Mark Lanegan, cristosanto Mark Lanegan. Sarei tentato di aprire un capitolo a parte solo per parlare delle voci del grunge: Staley, Cornell, Cobain… escluso Vedder per motivi personali e futili, è rimasto solo Mark Lanegan a strizzarmi le budella (mi riferisco ai suoi primi quattro dischi da solista, facciamo cinque). Mentre scrivo sto ascoltando Slip Away e basterebbe questa traccia a giustificare la rivalutazione totale di Above dei Mad Season, gruppone formato da Layne Staley degli Alice in Chains, Mike McCready dei Pearl Jam, Barrett Martin degli Screaming Trees, John Baker Saunders dei The Walkabouts, con la partecipazione di Mark Lanegan). Above è in realtà un disco che si forma sul basso del compianto e semisconosciuto Baker Saunders, dove però Staley scrive e canta – mi sbilancio – meglio che in tutti gli altri dischi registrati con gli Alice in Chains. Iniziare da Wake Up e chiudere con All Alone è una sorta di Cammino di Santiago di quei Novanta, un percorso di devozione/espiazione da fare e rifare. Qualcuno dirà che è un disco disomogeneo, e forse è così, ma è qualcosa di unico anche per questo. Si passa da pezzi come River Of Deceit alla bossa nova nostalgica di Long Gone Day come se niente fosse, però ad avercene di dischi così, oggi.

5. “Down on the upside” di Soundgarden (1996)

Per ultimo, non potevo non parlare di Down on the upside. Me lo diede un’amica in cassetta vent’anni fa, e anche se riuscissi a togliere l’aspetto affettivo da questa rivalutazione, rimarrebbe sempre un piccolo grande album. Colpo di coda dei Soundgarden e in primis di Chris Cornell, Down on the upside è un disco portatore sano di dissidi interni tra lo stesso Cornell e il chitarrista sghembo e geniale Kim Thayil. Non ha l’equilibrio perfetto di Superunknown e neanche la pura rabbia vergine di Badmotorfinger, ma ci sono diversi pezzi che raggiungono livelli alti (Pretty Noose, Zero Chance, Applebite), e ad ascoltare Blow Up The Outside World, sembra di avere tra le dita la sintesi naturale di quanto fatto di buono fino allora.
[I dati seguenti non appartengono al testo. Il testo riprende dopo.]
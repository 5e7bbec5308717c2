-- ===== src/Ledger/Locality/Reads.antt =====
-- The lookups read the records under the keys, and nothing else.
use toomoki_cdac_pds.Ledger.Checks.{
  assert_active_stakeholder, must_get_grievance, must_get_ration_card,
}
use toomoki_cdac_pds.SharedTypes.Events.{LedgerEvent}
use toomoki_cdac_pds.Ledger.Exec.{gets}
use toomoki_cdac_pds.Prelude.{String, List, refl}
use toomoki_cdac_pds.StringMap.{get, has}
use toomoki_cdac_pds.Ledger.Locality.{local_rules, Keys, Agree, Among, IsLocal, Local-gets}

module _ {keys : Keys} {before : List LedgerEvent × List LedgerEvent} where
  pub get_stakeholders-Local :
      (k : String)
      → Among k keys.stakeholders
      → IsLocal keys before (gets (λ s. get s.stakeholders k))
  unfolding Agree
  get_stakeholders-Local k among =
      Local-gets _
        (λ s p (clock, goods, claims, (stakeholders, ration_cards, grievances, entitlement_rules)).
          stakeholders.found k among)

  pub get_ration_cards-Local :
      (k : String)
      → Among k keys.ration_cards
      → IsLocal keys before (gets (λ s. get s.ration_cards k))
  unfolding Agree
  get_ration_cards-Local k among =
      Local-gets _
        (λ s p (clock, goods, claims, (stakeholders, ration_cards, grievances, entitlement_rules)).
          ration_cards.found k among)

  pub has_ration_cards-Local :
      (k : String)
      → Among k keys.ration_cards
      → IsLocal keys before (gets (λ s. has s.ration_cards k))
  unfolding Agree
  has_ration_cards-Local k among =
      Local-gets _
        (λ s p (clock, goods, claims, (stakeholders, ration_cards, grievances, entitlement_rules)).
          rw (ration_cards.found k among) refl)

  pub get_grievances-Local :
      (k : String) → Among k keys.grievances → IsLocal keys before (gets (λ s. get s.grievances k))
  unfolding Agree
  get_grievances-Local k among =
      Local-gets _
        (λ s p (clock, goods, claims, (stakeholders, ration_cards, grievances, entitlement_rules)).
          grievances.found k among)

  pub has_grievances-Local :
      (k : String) → Among k keys.grievances → IsLocal keys before (gets (λ s. has s.grievances k))
  unfolding Agree
  has_grievances-Local k among =
      Local-gets _
        (λ s p (clock, goods, claims, (stakeholders, ration_cards, grievances, entitlement_rules)).
          rw (grievances.found k among) refl)

  pub must_get_ration_card-Local :
      (k : String) → Among k keys.ration_cards → IsLocal keys before (must_get_ration_card k)
  unfolding must_get_ration_card
  must_get_ration_card-Local k among = search (local_rules, get_ration_cards-Local)

  pub must_get_grievance-Local :
      (k : String) → Among k keys.grievances → IsLocal keys before (must_get_grievance k)
  unfolding must_get_grievance
  must_get_grievance-Local k among = search (local_rules, get_grievances-Local)

  pub assert_active_stakeholder-Local :
      (k : String) → Among k keys.stakeholders → IsLocal keys before (assert_active_stakeholder k)
  unfolding assert_active_stakeholder
  assert_active_stakeholder-Local k among = search (local_rules, get_stakeholders-Local) depth 20

pub ruleset read_rules = (
  get_stakeholders-Local, get_ration_cards-Local, has_ration_cards-Local, get_grievances-Local,
  has_grievances-Local, must_get_ration_card-Local, must_get_grievance-Local,
  assert_active_stakeholder-Local,
)
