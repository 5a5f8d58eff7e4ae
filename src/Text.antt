-- ===== src/Text.antt =====
-- lib/string.c: strings and blocks of bytes in memory.
--
-- Memory is a function from addresses to bytes. A `char` is its 8-bit pattern.
pub mod Strings
pub mod Blocks
pub mod Moving
pub mod Filling
pub mod Numbers
pub mod Format
pub mod Printf
pub mod Chunks
pub mod Output
pub mod Parse
pub mod Bounded
pub mod Signed
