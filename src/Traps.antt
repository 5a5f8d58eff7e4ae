-- ===== src/Traps.antt =====
-- kern/trap.c: how the kernel is entered from user mode, and how it leaves.
pub mod Fault
pub mod Handle
pub mod Fate
pub mod Calls
pub mod Ends
pub mod Resume
pub mod Upcall
pub mod Gates
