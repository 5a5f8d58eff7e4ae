-- ===== src/Traps/Gates.antt =====
-- inc/mmu.h: segment, gate and task state descriptors; kern/env.c: the descriptor table `gdt`;
-- kern/trap.c: trap_init and trap_init_percpu.
use xv6_lab.Base.{
  ℕ, ◌+◌, ◌-◌, ◌*◌, ◌/◌, ◌%◌, ◌^◌, Bool, false, List, [], ◌∷◌, ◌==◌, if◌then◌else◌, update,
}
use xv6_lab.Machine.Mmu.{kstacktop, kstksize, kstkgap}

pub record Segdesc : Type 0 where
  pub lim_15_0 : ℕ
  pub base_15_0 : ℕ
  pub base_23_16 : ℕ
  pub type : ℕ
  pub s : ℕ
  pub dpl : ℕ
  pub p : ℕ
  pub lim_19_16 : ℕ
  pub avl : ℕ
  pub rsv1 : ℕ
  pub db : ℕ
  pub g : ℕ
  pub base_31_24 : ℕ

abbrev pub seg_null : Segdesc
seg_null = record {
  lim_15_0 = 0;
  base_15_0 = 0;
  base_23_16 = 0;
  type = 0;
  s = 0;
  dpl = 0;
  p = 0;
  lim_19_16 = 0;
  avl = 0;
  rsv1 = 0;
  db = 0;
  g = 0;
  base_31_24 = 0;
}

-- A bit field of 4 bits keeps the low bits of what is stored in it.
abbrev pub seg : (type base lim dpl : ℕ) → Segdesc
seg type base lim dpl = record {
  lim_15_0 = lim / 2 ^ 12 % 2 ^ 16;
  base_15_0 = base % 2 ^ 16;
  base_23_16 = base / 2 ^ 16 % 2 ^ 8;
  type = type;
  s = 1;
  dpl = dpl;
  p = 1;
  lim_19_16 = lim / 2 ^ 28 % 2 ^ 4;
  avl = 0;
  rsv1 = 0;
  db = 1;
  g = 1;
  base_31_24 = base / 2 ^ 24;
}

abbrev pub seg16 : (type base lim dpl : ℕ) → Segdesc
seg16 type base lim dpl = record {
  lim_15_0 = lim % 2 ^ 16;
  base_15_0 = base % 2 ^ 16;
  base_23_16 = base / 2 ^ 16 % 2 ^ 8;
  type = type;
  s = 1;
  dpl = dpl;
  p = 1;
  lim_19_16 = lim / 2 ^ 16 % 2 ^ 4;
  avl = 0;
  rsv1 = 0;
  db = 1;
  g = 0;
  base_31_24 = base / 2 ^ 24;
}

-- `gdt`: STA_X | STA_R is 0xA, STA_W is 2.
unfoldable pub gdt : ℕ → Segdesc
gdt i =
    if i == 1
    then seg 0xA 0 0xffff_ffff 0
    else if i == 2
    then seg 2 0 0xffff_ffff 0
    else if i == 3
    then seg 0xA 0 0xffff_ffff 3
    else if i == 4
    then seg 2 0 0xffff_ffff 3
    else seg_null

-- Less its padding
pub record Taskstate : Type 0 where
  pub link : ℕ
  pub esp0 : ℕ
  pub ss0 : ℕ
  pub esp1 : ℕ
  pub ss1 : ℕ
  pub esp2 : ℕ
  pub ss2 : ℕ
  pub cr3 : ℕ
  pub eip : ℕ
  pub eflags : ℕ
  pub eax : ℕ
  pub ecx : ℕ
  pub edx : ℕ
  pub ebx : ℕ
  pub esp : ℕ
  pub ebp : ℕ
  pub esi : ℕ
  pub edi : ℕ
  pub es : ℕ
  pub cs : ℕ
  pub ss : ℕ
  pub ds : ℕ
  pub fs : ℕ
  pub gs : ℕ
  pub ldt : ℕ
  pub t : ℕ
  pub iomb : ℕ

pub record Gatedesc : Type 0 where
  pub off_15_0 : ℕ
  pub sel : ℕ
  pub args : ℕ
  pub rsv1 : ℕ
  pub type : ℕ
  pub s : ℕ
  pub dpl : ℕ
  pub p : ℕ
  pub off_31_16 : ℕ

-- SETGATE: STS_TG32 is 0xF, STS_IG32 is 0xE.
abbrev pub set_gate : (istrap : Bool) (sel off dpl : ℕ) → Gatedesc
set_gate istrap sel off dpl = record {
  off_15_0 = off % 2 ^ 16;
  sel = sel;
  args = 0;
  rsv1 = 0;
  type = if istrap then 0xF else 0xE;
  s = 0;
  dpl = dpl;
  p = 1;
  off_31_16 = off / 2 ^ 16;
}

-- SETCALLGATE: STS_CG32 is 0xC.
abbrev pub set_call_gate : (sel off dpl : ℕ) → Gatedesc
set_call_gate sel off dpl = record {
  off_15_0 = off % 2 ^ 16;
  sel = sel;
  args = 0;
  rsv1 = 0;
  type = 0xC;
  s = 0;
  dpl = dpl;
  p = 1;
  off_31_16 = off / 2 ^ 16;
}

-- A vector of trap_init with the privilege level of its gate
abbrev pub vectors : List (ℕ × ℕ)
vectors =
    (0, 0)
    ∷ (1, 0)
    ∷ (2, 0)
    ∷ (3, 3)
    ∷ (4, 0)
    ∷ (5, 0)
    ∷ (6, 0)
    ∷ (7, 0)
    ∷ (8, 0)
    ∷ (10, 0)
    ∷ (11, 0)
    ∷ (12, 0)
    ∷ (13, 0)
    ∷ (14, 0)
    ∷ (16, 0)
    ∷ (17, 0)
    ∷ (18, 0)
    ∷ (19, 0)
    ∷ (48, 3)
    ∷ (32 + 19, 3)
    ∷ (32 + 14, 3)
    ∷ (32 + 1, 3)
    ∷ (32 + 4, 3)
    ∷ (32 + 7, 3)
    ∷ (32 + 0, 3)
    ∷ []

-- `entry v` is the address of the code in kern/trapentry.S that pushes the number `v`. GD_KT is 8.
abbrev pub set_gates : (entry : ℕ → ℕ) → List (ℕ × ℕ) → (ℕ → Gatedesc) → ℕ → Gatedesc
set_gates entry [] idt = idt
set_gates entry ((v, dpl) ∷ vs) idt =
    set_gates entry vs (update idt v (set_gate false 8 (entry v) dpl))

-- The SETGATE lines of trap_init
unfoldable pub trap_init : (entry : ℕ → ℕ) → (ℕ → Gatedesc) → ℕ → Gatedesc
trap_init entry idt = set_gates entry vectors idt

-- trap_init_percpu on CPU `cpu`, whose `cpu_ts` lies at `addr`; a `struct Taskstate` has 104 bytes.
-- GD_KD is 0x10, GD_TSS0 is 0x28, STS_T32A is 9.
unfoldable pub task_state : (cpu : ℕ) → Taskstate → Taskstate
task_state cpu ts = record ts {
  esp0 = kstacktop - cpu * (kstksize + kstkgap);
  ss0 = 0x10;
  iomb = 104;
}

unfoldable pub tss_slot : (cpu addr : ℕ) → (ℕ → Segdesc) → ℕ → Segdesc
tss_slot cpu addr gdt = update gdt (0x28 / 2 ^ 3 + cpu) (record (seg16 9 addr 103 0) { s = 0 })
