-- ===== src/User.antt =====
-- lib/syscall.c, lib/pgfault.c, lib/fork.c and lib/ipc.c: what programs do by system calls.
pub mod Calls
pub mod Fork
pub mod Ipc
pub mod Sending
pub mod Running
pub mod Finishing
pub mod Copying
pub mod CopyOnWrite
pub mod Lending
pub mod Sharing
pub mod Going
pub mod Duplicating
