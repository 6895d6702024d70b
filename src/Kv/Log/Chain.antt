-- ===== src/Kv/Log/Chain.antt =====
-- `mm_traverse_log` of src/client_mm.cc on the log that the writes of a client leave.
use fusee_fs.Prelude.{
  ℕ, zero, suc, ◌<◌, ◌≡◌, refl, sym, ap, subst, ◌∙◌, false, ◌==◌, Option, some, List, [], ◌∷◌,
  length, get_elem?, get_or, take, map, All, if_true, if_false, some_inj, arith,
}
use fusee_fs.Kv.Hash.{convert_40_to_64_bits}
use fusee_fs.Kv.Subblocks
use fusee_fs.Kv.Subblocks.{SubblockInfo, ClientMm, alloc_ctx}
use fusee_fs.Kv.Client.{KvOp, KvLogTail, RemoteAddr}
use fusee_fs.Kv.Client.Slots.{first_replica, update_log_tail}
use fusee_fs.Kv.Log.{Memory, write_log, write_tail, log_writes, visit, mm_traverse_log}
use fusee_fs.Kv.Log.Records.{is_at, write_tail-other, IsPlaced, write_tail-first, tagged_addr-tag}

-- No replica of one subblock is at the address of the first replica of another.
unfoldable pub Apart : List SubblockInfo → Type 0
Apart [] = Unit
Apart (s ∷ q) =
    All (λ t. (is_at (first_replica s) t ≡ false) × (is_at (first_replica t) s ≡ false)) q × Apart q

-- The record at an address has no next one, as in memory that was never written.
abbrev pub IsEnd : Memory → RemoteAddr → Type 0
IsEnd mem a = convert_40_to_64_bits (mem a.0 a.1).next_addr ≡ 0

mm_traverse_log-visit :
    (fuel : ℕ) (mem : Memory) (a : RemoteAddr)
    → 0 < a.1
    → mm_traverse_log (suc fuel) mem a
      ≡ visit a (
          mm_traverse_log fuel mem
            (get_or (mem a.0 a.1).next_addr 5 0, convert_40_to_64_bits (mem a.0 a.1).next_addr))
unfolding mm_traverse_log
mm_traverse_log-visit fuel mem a h = if_false (a.1 == 0) _ _ (ground (arith, h))

mm_traverse_log-over :
    (fuel : ℕ) (mem : Memory) (ptr_sid ptr_addr : ℕ)
    → ptr_addr ≡ 0
    → mm_traverse_log (suc fuel) mem (ptr_sid, ptr_addr) ≡ some []
unfolding mm_traverse_log
mm_traverse_log-over fuel mem ptr_sid ptr_addr h = if_true (ptr_addr == 0) _ _ (ground (arith, h))

module _ (P : SubblockInfo → Type 0) where
  All-get :
      (q : List SubblockInfo) (i : ℕ) (e : SubblockInfo) → All P q → get_elem? q i ≡ some e → P e
  All-get [] i e h k = absurd (ground (arith, k))
  All-get (s ∷ q) zero e h k = subst P (some_inj k) h.0
  All-get (s ∷ q) (suc i) e h k = All-get q i e h.1 k

  All-left : (Q : SubblockInfo → Type 0) (q : List SubblockInfo) → All (λ s. P s × Q s) q → All P q
  All-left Q [] h = h
  All-left Q (s ∷ q) h = (h.0.0, All-left Q q h.1)

get_elem?-low :
    (q : List SubblockInfo) (i : ℕ) (e : SubblockInfo) → get_elem? q i ≡ some e → i < length q
get_elem?-low [] i e h = absurd (ground (arith, h))
get_elem?-low (s ∷ q) zero e h = omega arith
get_elem?-low (s ∷ q) (suc i) e h = omega (arith, get_elem?-low q i e h)

module _ (more : Option (List SubblockInfo)) (subblock_sz : ℕ) where
  abbrev state : List SubblockInfo → SubblockInfo → ClientMm
  state q last = record {
    subblock_sz = subblock_sz;
    subblock_free_queue = q;
    last_allocated_info = last;
  }

  -- Writes to other subblocks do not reach an address.
  log_writes-other :
      (ops : List KvOp) (q : List SubblockInfo) (last : SubblockInfo) (mem : Memory)
      (a : RemoteAddr)
      → length ops < length q
      → All (λ s. is_at a s ≡ false) q
      → log_writes more ops (state q last) mem a.0 a.1 ≡ mem a.0 a.1
  unfolding log_writes write_log Subblocks.mm_alloc alloc_ctx
  log_writes-other [] q last mem a low h = refl
  log_writes-other (op ∷ ops) [] last mem a low h = absurd (omega (arith, low))
  log_writes-other (op ∷ ops) (s ∷ []) last mem a low h = absurd (omega (arith, low))
  log_writes-other (op ∷ ops) (s ∷ t ∷ q) last mem a low h =
      log_writes-other ops (t ∷ q) s _ a (omega (arith, low)) h.1 ∙ write_tail-other s _ mem a h.0

  -- The traversal, from the first subblock of the queue.
  traverse :
      (ops : List KvOp) (s : SubblockInfo) (q : List SubblockInfo) (last : SubblockInfo)
      (mem : Memory) (end : SubblockInfo)
      → get_elem? (s ∷ q) (length ops) ≡ some end
      → All IsPlaced (s ∷ q)
      → Apart (s ∷ q)
      → IsEnd mem (first_replica end)
      → mm_traverse_log
          (suc (suc (length ops)))
          (log_writes more ops (state (s ∷ q) last) mem)
          (first_replica s)
        ≡ some (map first_replica (take (suc (length ops)) (s ∷ q)))
  unfolding log_writes write_log Subblocks.mm_alloc alloc_ctx visit Apart update_log_tail
  traverse [] s q last mem end he placed apart is_end =
      let same : s ≡ end = some_inj he in
      let over : IsEnd mem (first_replica s) =
        subst (λ e. IsEnd mem (first_replica e)) (sym same) is_end in
      mm_traverse_log-visit 1 mem (first_replica s) placed.0.present
      ∙ ap (visit (first_replica s)) (mm_traverse_log-over 0 mem _ _ over)
  traverse (op ∷ ops) s [] last mem end he placed apart is_end = absurd (ground (arith, he))
  traverse (op ∷ ops) s (t ∷ q) last mem end he placed apart is_end =
      let tail =
        update_log_tail op
          (record { replicas = s; next = Subblocks.tag t; prev = Subblocks.tag last }) in
      let mem₁ = write_tail s tail mem in
      let after = log_writes more ops (state (t ∷ q) s) mem₁ in
      let kept : after (first_replica s).0 (first_replica s).1 ≡ tail =
        log_writes-other ops (t ∷ q) s mem₁ (first_replica s)
          (get_elem?-low (t ∷ q) (length ops) end he) (All-left _ _ (t ∷ q) apart.0)
        ∙ write_tail-first s tail mem placed.0 in
      let end₁ : IsEnd mem₁ (first_replica end) =
        ap (λ (r : KvLogTail). convert_40_to_64_bits r.next_addr)
          (write_tail-other s tail mem (first_replica end)
            (All-get _ (t ∷ q) (length ops) end apart.0 he).1)
        ∙ is_end in
      let next = tagged_addr-tag t placed.1.0 in
      mm_traverse_log-visit (suc (suc (length ops))) after (first_replica s) placed.0.present
      ∙ rw (kept, next.0, next.1)
          (ap (visit (first_replica s)) (traverse ops t q s mem₁ end he placed.1 apart.1 end₁))

-- A client that starts again and follows its log from its first subblock visits exactly the subblocks that it
-- had allocated, in order, and then the next one, whose record was not written; for a queue whose
-- subblocks are placed apart, with addresses of 48 bits in blocks of 256 bytes that are not 0. The fuel is two
-- more than the number of requests.
pub mm_traverse_log-log_writes :
    (more : Option (List SubblockInfo)) (ops : List KvOp) (m : ClientMm) (s end : SubblockInfo)
    (q : List SubblockInfo) (mem : Memory)
    → m.subblock_free_queue ≡ s ∷ q
    → get_elem? (s ∷ q) (length ops) ≡ some end
    → All IsPlaced (s ∷ q)
    → Apart (s ∷ q)
    → IsEnd mem (first_replica end)
    → mm_traverse_log (suc (suc (length ops))) (log_writes more ops m mem) (first_replica s)
      ≡ some (map first_replica (take (suc (length ops)) (s ∷ q)))
mm_traverse_log-log_writes more ops m s end q mem h he placed apart is_end =
    subst
      (λ queue.
        mm_traverse_log (suc (suc (length ops)))
          (log_writes more ops (record m { subblock_free_queue = queue }) mem) (first_replica s)
        ≡ some (map first_replica (take (suc (length ops)) (s ∷ q))))
      (sym h)
      (traverse more m.subblock_sz ops s q m.last_allocated_info mem end he placed apart is_end)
Sarà per la variazione dei toni tra il ritornello e le strofe, per gli echi dei fraseggi, o per quel testo che inizia così: “Nothing seems to kill me no matter how hard I try”.
Poco fa sono andato a rivedermi il videoclip (diretto da Gerald Casale, bassista dei Devo), e casualmente ho letto il primo commento lasciato da un ragazzo: I listened to this every day for six months in my art studio in Texas. My sister was 800 miles away in the midwest, dying from cancer. This song got me through the three months of her dying and the three months after she was gone. There’s no lesson here, just a thanks to the band that helped me through those moments with this incredible song.
La chiudo qui, con l’invito a riascoltare questo pezzo, non per dimenticare la morte di Wood, di Cobain, di Staley, o di Cornell, ma per ricordarle sempre e non perdere mai il senso del limite, e con esso intendo quell’idea greca di limite. L’avevo appuntata a penna vent’anni fa all’interno di quella cassetta: “Dove sta esattamente il limite delle cose? In quanto uomini abbiamo dei limiti, ma sono proprio loro a farci grandi, e a collocarci al fianco degli dèi, forse sopra. Ecco dove sta il limite: nella sensazione di grandezza che ci coglie nel rispettarli”.
È un’esperienza facile da fare, tutte le volte che ci fermiamo un attimo prima di offendere la nostra natura.